Computational cost and implementation analysis of a wavelet-based edge computing method for energy-harvesting industrial IoT sensors

Abstract

The rapid advancement of Industrial Internet of Things (IIoT) has heightened the need for efficient data processing and transmission, particularly in energy-constrained environments. This study introduces a novel wavelet-based edge computing methodology designed specifically for low-power IIoT sensors using energy harvesting. Unlike existing implementations that rely on computationally complex instructions, this approach optimizes the wavelet transform (WT) for resource-limited microcontrollers (MCUs) without sacrificing data quality.
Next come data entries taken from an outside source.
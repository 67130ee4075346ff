-- ===== src/App.antt =====
-- src/feishu_dify_gateway/app.py: the HTTP application. FastAPI chooses the endpoint of a request,
-- reads its body and runs the exception handlers.
pub mod Http
pub mod Endpoints
pub mod Middleware
pub mod Access
pub mod Served
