-- ===== src/Text.antt =====
-- Python's `str` as the list of its code points, and the methods of `str` that the gateway calls
-- (src/feishu_dify_gateway, all files).
pub mod Strip
pub mod Decimal
pub mod Prefix
use Prim.Native.Char.{code}
use feishu_dify_gateway.Base.{
  ℕ, String, ◌≡◌, refl, ◌↔◌, Bool, true, false, ◌&&◌, ◌||◌, List, [], ◌∷◌, arith, leb, ltb, ◌==◌,
  if◌then◌else◌,
}

abbrev pub Text : Type 0
Text = List ℕ

-- A text literal.
abbrev pub codes : String → Text
codes String.[] = []
codes (String.◌∷◌ c s) = code c ∷ codes s

-- `a == b` on two texts.
unfoldable pub same : Text → Text → Bool
same [] [] = true
same (a ∷ s) (b ∷ t) = a == b && same s t
same _ _ = false

pub same→eq : (s t : Text) → same s t ≡ true → s ≡ t
unfolding same
same→eq [] [] h = refl
same→eq [] (b ∷ t) h = ground arith
same→eq (a ∷ s) [] h = ground arith
same→eq (a ∷ s) (b ∷ t) h = ground (arith, same→eq s t)

pub same_refl : (s : Text) → same s s ≡ true
unfolding same
same_refl [] = refl
same_refl (a ∷ s) = ground (arith, same_refl s)

pub same_iff : (s t : Text) → (same s t ≡ true) ↔ (s ≡ t)
same_iff s t = (same→eq s t, λ e. rw (← e) (same_refl s))

-- `s.startswith(p)`.
unfoldable pub starts_with : Text → Text → Bool
starts_with s [] = true
starts_with [] (b ∷ p) = false
starts_with (a ∷ s) (b ∷ p) = a == b && starts_with s p

-- The code points for which `str.isspace` holds.
unfoldable pub is_space : ℕ → Bool
is_space c =
    (leb 9 c && leb c 13)
    || (leb 28 c && leb c 32)
    || c == 133
    || c == 160
    || c == 5760
    || (leb 8192 c && leb c 8202)
    || c == 8232
    || c == 8233
    || c == 8239
    || c == 8287
    || c == 12288

-- `s.lstrip()`.
unfoldable pub lstrip : Text → Text
lstrip [] = []
lstrip (c ∷ s) = if is_space c then lstrip s else c ∷ s

abbrev rstrip_cons : ℕ → Text → Text
rstrip_cons c [] = if is_space c then [] else c ∷ []
rstrip_cons c (d ∷ s) = c ∷ d ∷ s

-- `s.rstrip()`.
unfoldable pub rstrip : Text → Text
rstrip [] = []
rstrip (c ∷ s) = rstrip_cons c (rstrip s)

-- `s.strip()`.
unfoldable pub strip : Text → Text
strip s = rstrip (lstrip s)

abbrev rstrip_slash_cons : ℕ → Text → Text
rstrip_slash_cons c [] = if c == b'/' then [] else c ∷ []
rstrip_slash_cons c (d ∷ s) = c ∷ d ∷ s

-- `s.rstrip("/")`.
unfoldable pub rstrip_slash : Text → Text
rstrip_slash [] = []
rstrip_slash (c ∷ s) = rstrip_slash_cons c (rstrip_slash s)

-- `any(char.isspace() for char in s)`.
unfoldable pub any_space : Text → Bool
any_space [] = false
any_space (c ∷ s) = is_space c || any_space s

-- `s.isascii()`.
unfoldable pub is_ascii : Text → Bool
is_ascii [] = true
is_ascii (c ∷ s) = ltb c 128 && is_ascii s

abbrev pub is_blank : Text → Bool
is_blank [] = true
is_blank (_ ∷ _) = false
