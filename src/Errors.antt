-- ===== src/Errors.antt =====
-- src/feishu_dify_gateway/errors.py, and the exceptions of a call as values.
use feishu_dify_gateway.Base.{ℕ, String}

pub record GatewayError : Type 0 where
  pub code : String
  pub safe_message : String
  pub status_code : ℕ

-- `GatewayError(code, message)` with the default status.
abbrev pub gateway_error : String → String → GatewayError
gateway_error code message = record { code = code; safe_message = message; status_code = 502 }

-- What an `except Exception` can catch: a GatewayError, or any other exception.
pub data Exn : Type 0 where
  gateway : GatewayError → Exn
  other : Exn

-- How a call ends. `diverged` marks a loop that ran out of its fuel.
pub data Result {ℓ} (A : Type ℓ) : Type ℓ where
  ok : A → Result A
  raised : Exn → Result A
  diverged : Result A
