-- ===== src/Text/Decimal.antt =====
-- Decimal numbers as Python writes and reads them: `str(n)`, `s.isdigit()` and `int(s)` for ASCII
-- text.
pub mod RoundTrip
use feishu_dify_gateway.Base.{
  ℕ, zero, suc, ◌+◌, ◌-◌, ◌*◌, ◌/◌, ◌%◌, Bool, true, not, ◌&&◌, [], ◌∷◌, ltb, leb, if◌then◌else◌,
}
use feishu_dify_gateway.Text.{Text, is_blank}

abbrev pub is_digit : ℕ → Bool
is_digit c = leb 48 c && leb c 57

unfoldable pub all_digits : Text → Bool
all_digits [] = true
all_digits (c ∷ s) = is_digit c && all_digits s

-- `s.isdigit()`, where `s.isascii()`.
unfoldable pub is_digits : Text → Bool
unfolding all_digits
is_digits s = not (is_blank s) && all_digits s

unfoldable pub digits_value : ℕ → Text → ℕ
digits_value acc [] = acc
digits_value acc (c ∷ s) = digits_value (acc * 10 + (c - 48)) s

unfoldable pub decimal_fuel : ℕ → ℕ → Text → Text
decimal_fuel zero n acc = acc
decimal_fuel (suc f) n acc =
    let rest = decimal_fuel f (n / 10) ((48 + n % 10) ∷ acc) in
    if ltb n 10 then (48 + n) ∷ acc else rest

-- `str(n)`.
unfoldable pub decimal : ℕ → Text
unfolding decimal_fuel
decimal n = decimal_fuel (suc n) n []
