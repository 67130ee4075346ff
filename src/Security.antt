-- ===== src/Security.antt =====
-- src/feishu_dify_gateway/security.py. A byte string is the list of its bytes; a text that the source
-- encodes in UTF-8 is hashed as a text, since the encoding is one to one.
pub mod Verify
pub mod Binding
use feishu_dify_gateway.Base.{
  ℕ, ◌+◌, ◌-◌, String, ◌≡◌, Bool, true, not, ◌&&◌, ◌||◌, [], ◌∷◌, ◌++◌, ltb, leb, ◌==◌,
  if◌then◌else◌, length,
}
use feishu_dify_gateway.Text.{Text, codes, same, is_ascii, is_blank}
use feishu_dify_gateway.Text.Decimal.{is_digits, digits_value}

-- The standard library's hashes, as the text of their hexadecimal digest, and `str.lower`.
pub record Crypto : Type 0 where
  pub sha256 : Text → Text
  pub hmac_sha256 : (key message : Text) → Text
  pub lower : Text → Text

-- What the source relies on: a hexadecimal digest is ASCII, and has no capital letters.
pub record IsHexDigest (c : Crypto) : Type 0 where
  pub hmac_ascii : (key message : Text) → is_ascii (c.hmac_sha256 key message) ≡ true
  pub hmac_lower :
      (key message : Text) → c.lower (c.hmac_sha256 key message) ≡ c.hmac_sha256 key message

-- How a verification ends: it returns, raises SignatureError with a message, or raises another
-- exception, which the callers of `verify_request` do not catch.
pub data Verdict : Type 0 where
  verified : Verdict
  signature_error : String → Verdict
  type_error value_error : Verdict

-- The characters of EVENT_ID_RE.
abbrev pub is_event_char : ℕ → Bool
is_event_char c =
    (leb b'A' c && leb c b'Z')
    || (leb b'a' c && leb c b'z')
    || (leb b'0' c && leb c b'9')
    || c == b'.'
    || c == b'_'
    || c == b':'
    || c == b'-'

unfoldable pub all_event_chars : Text → Bool
all_event_chars [] = true
all_event_chars (c ∷ s) = is_event_char c && all_event_chars s

-- `EVENT_ID_RE.fullmatch(event_id)`
unfoldable pub is_event_id : Text → Bool
is_event_id s = not (is_blank s) && leb (length s) 200 && all_event_chars s

-- `int` refuses a text of more digits than this.
abbrev pub max_int_digits : ℕ
max_int_digits = 4300

module _ (c : Crypto) where
  unfoldable pub body_digest : Text → Text
  body_digest body = c.sha256 body

  unfoldable pub canonical_request : (timestamp event_id body : Text) → Text
  canonical_request timestamp event_id body =
      timestamp ++ (codes "\n" ++ (event_id ++ (codes "\n" ++ body_digest body)))

  unfoldable pub sign_request : (secret timestamp event_id body : Text) → Text
  sign_request secret timestamp event_id body =
      c.hmac_sha256 secret (canonical_request timestamp event_id body)

  -- `hmac.compare_digest(a, b)` on texts raises TypeError unless both are ASCII.
  abbrev pub compare_digest : (a b : Text) → Verdict
  compare_digest a b =
      if is_ascii a && is_ascii b
      then (if same a b then verified else signature_error "Invalid signature")
      else type_error

  -- `abs(current - sent_at) > ttl_seconds`
  abbrev pub is_outside : (current sent_at ttl_seconds : ℕ) → Bool
  is_outside current sent_at ttl_seconds =
      ltb ttl_seconds ((current - sent_at) + (sent_at - current))

  unfoldable pub verify_request :
      (secret timestamp event_id signature body : Text) (ttl_seconds now : ℕ) → Verdict
  verify_request secret timestamp event_id signature body ttl_seconds now =
      if not (is_event_id event_id)
      then signature_error "Invalid event ID"
      else if not (is_ascii timestamp && is_digits timestamp)
      then signature_error "Invalid timestamp"
      else if ltb max_int_digits (length timestamp)
      then value_error
      else if is_outside now (digits_value 0 timestamp) ttl_seconds
      then signature_error "Request timestamp is outside the accepted window"
      else compare_digest (sign_request secret timestamp event_id body) (c.lower signature)

  unfoldable pub pseudonymous_user : (secret open_id : Text) → Text
  pseudonymous_user secret open_id = c.hmac_sha256 secret open_id
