-- ===== src/Text/Decimal/RoundTrip.antt =====
-- `int(str(n))` is `n`, and `str(n)` is a text of ASCII digits.
use feishu_dify_gateway.Base.{
  ℕ, zero, suc, ◌+◌, ◌/◌, ◌%◌, ◌<◌, ◌≡◌, refl, ap, ◌∙◌, inl, inr, true, [], ◌∷◌, arith, ltb,
  Bool-cases,
}
use feishu_dify_gateway.Text.{Text, is_ascii}
use feishu_dify_gateway.Text.Decimal.{all_digits, is_digits, digits_value, decimal_fuel, decimal}

digits_value_shift :
    (f n : ℕ) (acc : Text) → n < f → digits_value 0 (decimal_fuel f n acc) ≡ digits_value n acc
unfolding decimal_fuel digits_value
digits_value_shift zero n acc h = elim h [ ]
digits_value_shift (suc f) n acc h = elim (Bool-cases (ltb n 10)) [
  | inl small ↦ rw small (ap (λ k. digits_value k acc) (omega arith))
  | inr large ↦ rw large (
      digits_value_shift f (n / 10) ((48 + n % 10) ∷ acc) (ground arith)
      ∙ ap (λ k. digits_value k acc) (omega arith))
]

pub digits_value-decimal : (n : ℕ) → digits_value 0 (decimal n) ≡ n
unfolding decimal digits_value
digits_value-decimal n = digits_value_shift (suc n) n [] (omega arith)

decimal_fuel_digits :
    (f n : ℕ) (acc : Text) → n < f → all_digits acc ≡ true → is_digits (decimal_fuel f n acc) ≡ true
unfolding decimal_fuel is_digits
decimal_fuel_digits zero n acc h a = elim h [ ]
decimal_fuel_digits (suc f) n acc h a = elim (Bool-cases (ltb n 10)) [
  | inl small ↦ rw small (ground arith)
  | inr large ↦
      rw large (decimal_fuel_digits f (n / 10) ((48 + n % 10) ∷ acc) (ground arith) (ground arith))
]

pub is_digits-decimal : (n : ℕ) → is_digits (decimal n) ≡ true
unfolding decimal
is_digits-decimal n = decimal_fuel_digits (suc n) n [] (omega arith) (unfold all_digits in refl)

all_digits_ascii : (s : Text) → all_digits s ≡ true → is_ascii s ≡ true
unfolding all_digits is_ascii
all_digits_ascii [] h = refl
all_digits_ascii (c ∷ s) h = ground (arith, all_digits_ascii s)

-- Digits are ASCII.
pub is_digits_ascii : (s : Text) → is_digits s ≡ true → is_ascii s ≡ true
unfolding is_digits
is_digits_ascii s h = ground (arith, all_digits_ascii s)
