-- ===== src/Security/Verify.antt =====
-- What `verify_request` of src/feishu_dify_gateway/security.py accepts and refuses.
use feishu_dify_gateway.Base.{ℕ, ◌+◌, ◌≤◌, ◌<◌, ◌≡◌, ◌↔◌, true, false, arith, length}
use feishu_dify_gateway.Text.{Text, same_iff, is_ascii}
use feishu_dify_gateway.Text.Decimal.{decimal, is_digits, digits_value}
use feishu_dify_gateway.Text.Decimal.RoundTrip.{
  digits_value-decimal, is_digits-decimal, is_digits_ascii,
}
use feishu_dify_gateway.Security.{
  Crypto, IsHexDigest, verified, type_error, value_error, is_event_id, max_int_digits, sign_request,
  verify_request, canonical_request,
}

expected_ascii :
    (c : Crypto)
    → IsHexDigest c
    → (secret timestamp event_id body : Text)
    → is_ascii (sign_request c secret timestamp event_id body) ≡ true
unfolding sign_request
expected_ascii c hex secret timestamp event_id body =
    hex.hmac_ascii secret (canonical_request c timestamp event_id body)

-- A request that passes: its event identity is well-formed, its timestamp is a number within
-- `ttl_seconds` of the clock, and its signature is the HMAC of timestamp, identity and body.
pub record IsAuthentic (c : Crypto) (secret timestamp event_id signature body : Text)
    (ttl_seconds now : ℕ) : Type 0 where
  pub identity : is_event_id event_id ≡ true
  pub digits : is_digits timestamp ≡ true
  pub readable : length timestamp ≤ max_int_digits
  pub not_late : now ≤ digits_value 0 timestamp + ttl_seconds
  pub not_early : digits_value 0 timestamp ≤ now + ttl_seconds
  pub signed : c.lower signature ≡ sign_request c secret timestamp event_id body

module _ (c : Crypto) (secret timestamp event_id signature body : Text) (ttl_seconds now : ℕ) where
  abbrev expected : Text
  expected = sign_request c secret timestamp event_id body

  -- `verify_request` returns exactly for authentic requests, where the digests of the library are
  -- hexadecimal.
  pub verify_request_iff :
      IsHexDigest c
      → (verify_request c secret timestamp event_id signature body ttl_seconds now ≡ verified)
        ↔ IsAuthentic c secret timestamp event_id signature body ttl_seconds now
  unfolding verify_request
  verify_request_iff hex = (
    λ h. ground (arith, same_iff expected (c.lower signature), is_digits_ascii timestamp),
    λ h. ground (
      arith,
      same_iff expected (c.lower signature),
      is_digits_ascii timestamp,
      expected_ascii c hex secret timestamp event_id body,
    ),
  )

  -- Where the digests of the library are hexadecimal, the two exceptions of `verify_request` that are
  -- no SignatureError are raised exactly for these requests. TypeError: the event identity is
  -- well-formed, the timestamp is a number of at most 4300 digits within `ttl_seconds` of the clock, and
  -- the lowered signature is not ASCII. ValueError: the event identity is well-formed and the timestamp
  -- is a number of more than 4300 digits.
  pub verify_request_errors_iff :
      IsHexDigest c
      → let verdict = verify_request c secret timestamp event_id signature body ttl_seconds now in
        ((verdict ≡ type_error) ↔ (
          (is_event_id event_id ≡ true)
          × (is_digits timestamp ≡ true)
          × (length timestamp ≤ max_int_digits)
          × (now ≤ digits_value 0 timestamp + ttl_seconds)
          × (digits_value 0 timestamp ≤ now + ttl_seconds)
          × (is_ascii (c.lower signature) ≡ false)))
        × ((verdict ≡ value_error) ↔ (
            (is_event_id event_id ≡ true)
            × (is_digits timestamp ≡ true)
            × (max_int_digits < length timestamp)))
  unfolding verify_request
  verify_request_errors_iff hex =
      let ascii = expected_ascii c hex secret timestamp event_id body in
      (
        (
          λ h. ground (arith, h, ascii, is_digits_ascii timestamp),
          λ (identity, digits, readable, late, early, foreign).
              ground (arith, is_digits_ascii timestamp),
        ),
        (
          λ h. ground (arith, h, is_digits_ascii timestamp),
          λ (identity, digits, long). ground (arith, is_digits_ascii timestamp),
        ),
      )

-- Where the digests of the library are hexadecimal, a request with a well-formed event identity
-- that the holder of the key signs at time `sent_at`, with that time as its timestamp, of at most
-- 4300 digits, passes at every time that is at most `ttl_seconds` away, whatever its body.
pub verify_request-sign_request :
    (c : Crypto) (secret event_id body : Text) (ttl_seconds sent_at now : ℕ)
    → IsHexDigest c
    → is_event_id event_id ≡ true
    → length (decimal sent_at) ≤ max_int_digits
    → now ≤ sent_at + ttl_seconds
    → sent_at ≤ now + ttl_seconds
    → verify_request c secret
        (decimal sent_at)
        event_id
        (sign_request c secret (decimal sent_at) event_id body)
        body
        ttl_seconds
        now
      ≡ verified
verify_request-sign_request c secret event_id body ttl_seconds sent_at now hex identity readable
      late early =
    (verify_request_iff c secret (decimal sent_at) event_id
        (sign_request c secret (decimal sent_at) event_id body) body ttl_seconds now hex).1
      (record {
        identity = identity;
        digits = is_digits-decimal sent_at;
        readable = readable;
        not_late = rw (digits_value-decimal sent_at) late;
        not_early = rw (digits_value-decimal sent_at) early;
        signed =
            unfold sign_request in
            hex.hmac_lower secret (canonical_request c (decimal sent_at) event_id body);
      })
By leveraging a lightweight assembly-level WT implementation, the proposed solution significantly reduces computational costs and energy consumption. A comprehensive analysis performed on ARM Cortex-M7 MCU on an industrial vibration dataset demonstrates energy savings of assembly language (ASM) up to 87% with discrete wavelet transforms (DWT) and 32.1% with fast wavelet transforms (FWT), compared to C-based implementations. This work is distinct in its ability to dynamically adjust data transmission levels based on available energy, ensuring robust operation in batteryless IIoT environments. Moreover, the method offers flexibility in signal reconstruction, supporting scalable compression ratios and facilitating long-term predictive maintenance applications, making it a pioneering step in sustainable industrial monitoring.